Your peripheral choices are just as important to your enjoyment of a game as the rest of your hardware, and that really goes double when it comes to your keyboard and mouse. I can’t imagine you’ll never use your PC for options other than gaming, after all; you’ll want tools that work just as well when you’re typing up an email or browsing Wikipedia as they do when you’re raining justice from above.
Mechanical keyboards get my vote for the best choice here, and SteelSeries is offering up a no-frills $100 option with their Apex M500 Mechanical Gaming Keyboard. Let’s take a look, shall we?
The M500 is very light in terms of bells and whistles. It’s got blue lighting that stays blue; no crazy RGB nonsense like you’d see with the Corsair Gaming K70, here it’s all blue all the time. Honestly, months of using the K70 RGB with a nutty rainbow spiral lighting setup made this feel relaxing in a way! Other than that, you’ve got macro key options available with the excellent SteelSeries Engine 3 software…and that’s pretty much it. The M500 is an all-business kind of keyboard.
It handles that business like a boss, naturally. It’s pretty common knowledge that once you use a mechanical keyboard for the first time you’ll never go back; the M500 is a great example of this sort of keyboard in its prime, with solid and responsive Cherry MX Red switches offering that all-important click. Typing and gaming alike feel amazing on this thing. There aren’t any ghosting issues either, and the standard design feels immediately familiar and usable without any macro keys clogging up the layout. This is a wired keyboard, but the underside offers several options for cable management, which is a small touch but appreciated; sadly there’s no USB pass-through available here.
It’s not all perfect, of course. Your volume and media controls are relegated to the F-keys and you have to hold down a modifier to use them; this is a pet peeve of mine and something that really bugged me about the Cherry MX Board 6.0 back when I wrote about that. I understand SteelSeries and Cherry were both aiming for a no-frills down-to-earth experience…but some dedicated volume buttons would have been deeply appreciated. At least on the M500 the modifier key is on the left side along with the volume controls so you can reach both with one hand.

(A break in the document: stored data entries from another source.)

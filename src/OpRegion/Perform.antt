-- ===== src/OpRegion/Perform.antt =====
-- core/opregion.c: the access to the hardware of a region, `lai_perform_read` and
-- `lai_perform_write`. The functions of the host are a record, and so is the evaluation of the PCI
-- parameters of a region (`lai_get_pci_params`).
use lai.Base.{
  ℕ, ◌+◌, ◌/◌, ◌%◌, ◌^◌, bit_and, Bool, ◌||◌, ◌==◌, if◌then◌else◌, u8, u16, u64, Run, ok, ensure,
  ◌>>=◌, ◌>>◌,
}
use lai.OpRegion.Field.{Device}

pub data AddressSpace : Type 0 where
  memory_space io_space pci_space other_space : AddressSpace

-- The fields of the node of a region; `op_override` says whether the host overrides it.
pub record Region : Type 0 where
  pub op_address_space : AddressSpace
  pub op_base : ℕ
  pub op_override : Bool

pub record PciParams : Type 0 where
  pub seg : ℕ
  pub bbn : ℕ
  pub adr : ℕ

-- Accesses of so many bits: through an override, to mapped memory, to a port, and to the
-- configuration space of a PCI function (segment, bus, slot, function, offset).
pub record Host (S : Type 0) : Type 0 where
  pub override_read : S → (size address : ℕ) → Run (ℕ × S)
  pub override_write : S → (size address value : ℕ) → Run S
  pub mapped_read : S → (size address : ℕ) → Run (ℕ × S)
  pub mapped_write : S → (size address value : ℕ) → Run S
  pub port_in : S → (size port : ℕ) → Run (ℕ × S)
  pub port_out : S → (size port value : ℕ) → Run S
  pub pci_read : S → (size seg bus slot fun offset : ℕ) → Run (ℕ × S)
  pub pci_write : S → (size seg bus slot fun offset value : ℕ) → Run S
  pub has_map : Bool
  pub has_in : Bool
  pub has_out : Bool
  pub has_pci_read : Bool
  pub has_pci_write : Bool
  pub pci_params : S → Run (PciParams × S)

-- The sizes that the switches accept, with 64 bits or without.
unfoldable pub narrow_size : ℕ → Bool
narrow_size size = (size == 8) || (size == 16) || (size == 32)

unfoldable pub any_size : ℕ → Bool
unfolding narrow_size
any_size size = narrow_size size || (size == 64)

module _ {S : Type 0} (host : Host S) where
  open host use {
    override_read, override_write, mapped_read, mapped_write, port_in, port_out, pci_read,
    pci_write, has_map, has_in, has_out, has_pci_read, has_pci_write, pci_params,
  }

  unfoldable pub perform_read : Region → S → (access_size offset : ℕ) → Run (ℕ × S)
  unfolding any_size narrow_size
  perform_read opregion s access_size offset =
      let address = u64 (opregion.op_base + offset) in
      if opregion.op_override
      then (ensure (any_size access_size) >> override_read s access_size address)
      else (elim opregion.op_address_space [
        | memory_space ↦
            ensure has_map >> ensure (any_size access_size) >> mapped_read s access_size address
        | io_space ↦
            ensure has_in >> ensure (narrow_size access_size) >> port_in s access_size (u16 address)
        | pci_space ↦ pci_params s >>= λ r.
            ensure has_pci_read
            >> ensure (narrow_size access_size)
            >> pci_read r.1 access_size (u16 r.0.seg) (u8 r.0.bbn) (u8 (r.0.adr / 2 ^ 16))
                (u8 (bit_and r.0.adr 0xFF)) (u16 address)
        | other_space ↦ ok (0, s)
      ])

  unfoldable pub perform_write : Region → S → (access_size offset value : ℕ) → Run S
  unfolding any_size narrow_size
  perform_write opregion s access_size offset value =
      let address = u64 (opregion.op_base + offset) in
      let narrowed = value % 2 ^ access_size in
      if opregion.op_override
      then (ensure (any_size access_size) >> override_write s access_size address narrowed)
      else (elim opregion.op_address_space [
        | memory_space ↦
            ensure has_map
            >> ensure (any_size access_size)
            >> mapped_write s access_size address narrowed
        | io_space ↦
            ensure has_out
            >> ensure (narrow_size access_size)
            >> port_out s access_size (u16 address) narrowed
        | pci_space ↦ pci_params s >>= λ r.
            ensure has_pci_write
            >> ensure (narrow_size access_size)
            >> pci_write r.1 access_size (u16 r.0.seg) (u8 r.0.bbn) (u8 (r.0.adr / 2 ^ 16))
                (u8 (bit_and r.0.adr 0xFF)) (u16 address) narrowed
        | other_space ↦ ok s
      ])

  -- The device that the fields of a region use.
  abbrev pub region_device : Region → Device S
  region_device opregion = record {
    read_bits = perform_read opregion;
    write_bits = perform_write opregion;
  }
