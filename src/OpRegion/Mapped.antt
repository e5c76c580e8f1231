-- ===== src/OpRegion/Mapped.antt =====
-- core/opregion.c: a region in memory is a memory of bits for its fields.
use lai.Base.{
  ℕ, ◌+◌, ◌*◌, ◌%◌, ◌^◌, ◌≤◌, ◌<◌, ◌≡◌, ◌⊎◌, inl, inr, refl, ap, ◌∙◌, true, false, u64, ok, arith,
}
use lai.Bits.{bit, bit-mod}
use lai.OpRegion.FieldRead.{Width, IsMemory}
use lai.OpRegion.Perform.{
  AddressSpace, Region, Host, narrow_size, any_size, perform_read, perform_write, region_device,
}

-- What the code relies on of `laihost_map`: an access to the memory that it maps is an access to
-- the bits of the machine's memory at that address.
pub record IsMapped {S : Type 0} (host : Host S) (bits : S → ℕ → ℕ) : Type 0 where
  pub implemented : host.has_map ≡ true
  pub reads :
      (s : S) (size address : ℕ)
      → Width size
      → 8 * address + size ≤ 2 ^ 67
      → (v : ℕ) × (host.mapped_read s size address ≡ ok (v, s))
        × ((i : ℕ) → i < size → bit v i ≡ bits s (8 * address + i))
  pub writes :
      (s : S) (size address v : ℕ)
      → Width size
      → 8 * address + size ≤ 2 ^ 67
      → (out : S) × (host.mapped_write s size address v ≡ ok out)
        × ((i : ℕ) → i < size → bits out (8 * address + i) ≡ bit v i)
        × ((j : ℕ) → (j < 8 * address) ⊎ (8 * address + size ≤ j) → bits out j ≡ bits s j)

Width-any_size : (a : ℕ) → Width a → any_size a ≡ true
unfolding any_size narrow_size
Width-any_size a (inl e) = rw e refl
Width-any_size a (inr (inl e)) = rw e refl
Width-any_size a (inr (inr e)) = rw e refl

Width-positive : (a : ℕ) → Width a → 0 < a
Width-positive a (inl e) = omega (arith, e)
Width-positive a (inr (inl e)) = omega (arith, e)
Width-positive a (inr (inr e)) = omega (arith, e)

module _ {S : Type 0} (host : Host S) (bits : S → ℕ → ℕ) (mapped : IsMapped host bits)
    (opregion : Region) (limit : ℕ)
    (in_memory : opregion.op_address_space ≡ AddressSpace.memory_space)
    (plain : opregion.op_override ≡ false) (below : 8 * opregion.op_base + limit ≤ 2 ^ 67) where
  -- The bits of the region.
  abbrev pub region_bits : S → ℕ → ℕ
  region_bits s j = bits s (8 * opregion.op_base + j)

  address_lem :
      (offset size : ℕ)
      → Width size
      → 8 * offset + size ≤ limit
      → u64 (opregion.op_base + offset) ≡ opregion.op_base + offset
  address_lem offset size w fits = omega (arith, Width-positive size w)

  read_mapped :
      (s : S) (offset size : ℕ)
      → Width size
      → 8 * offset + size ≤ limit
      → perform_read host opregion s size offset
        ≡ host.mapped_read s size (opregion.op_base + offset)
  unfolding perform_read
  read_mapped s offset size w fits =
      rw
        (
          perform_read,
          plain,
          in_memory,
          mapped.implemented,
          Width-any_size size w,
          address_lem offset size w fits,
        )
        refl

  write_mapped :
      (s : S) (offset size v : ℕ)
      → Width size
      → 8 * offset + size ≤ limit
      → perform_write host opregion s size offset v
        ≡ host.mapped_write s size (opregion.op_base + offset) (v % 2 ^ size)
  unfolding perform_write
  write_mapped s offset size v w fits =
      rw
        (
          perform_write,
          plain,
          in_memory,
          mapped.implemented,
          Width-any_size size w,
          address_lem offset size w fits,
        )
        refl

  -- For a region in system memory that the host does not override and that lies below 2^64, when
  -- the host maps memory faithfully (IsMapped): lai_perform_read and lai_perform_write of 8, 16
  -- or 32 bits within the region end without a panic, and behave as a memory of bits, the bits of
  -- the machine's memory from the base of the region on. This is what the theorems on fields ask
  -- of their device.
  pub region_device-IsMemory : IsMemory (region_device host opregion) region_bits limit
  region_device-IsMemory = record {
    reads = λ s size offset w fits.
        let (v, run, digits) = mapped.reads s size (opregion.op_base + offset) w (omega arith) in
        (
          v,
          read_mapped s offset size w fits ∙ run,
          λ i lt. digits i lt ∙ ap (bits s) (omega arith),
        );
    writes = λ s size offset v w fits.
        let (out, run, inside, outside) =
          mapped.writes s size (opregion.op_base + offset) (v % 2 ^ size) w (omega arith) in
        (
          out,
          write_mapped s offset size v w fits ∙ run,
          (λ i lt. ap (bits out) (omega arith) ∙ inside i lt ∙ bit-mod v size i lt),
          λ j away.
              outside (8 * opregion.op_base + j)
                (elim away [ inl low ↦ inl (omega arith) | inr high ↦ inr (omega arith) ]),
        );
  }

That’s really all there is to say about SteelSeries’ Apex M500 Mechanical Gaming Keyboard! I tested a bunch of games with it…and they all played pretty much like I expected them to on a reliable standard keyboard. For your $100 you’re getting the fundamentals executed at a high level; it’s up to you if that’s worth the money or if you’d like a little more pizazz. Of recent keyboards I’ve messed with, Cherry’s MX Board 6.0 feels like the M500’s closest relative, offering a similar feature set and slightly better feel – while also costing twice as much. A Benjamin isn’t a bad deal for a straightforward and well-built mechanical option like this, so if you’re not interested in exploding lights or a huge set of macro keys you might want to investigate to see if the Apex M500 can meet your needs.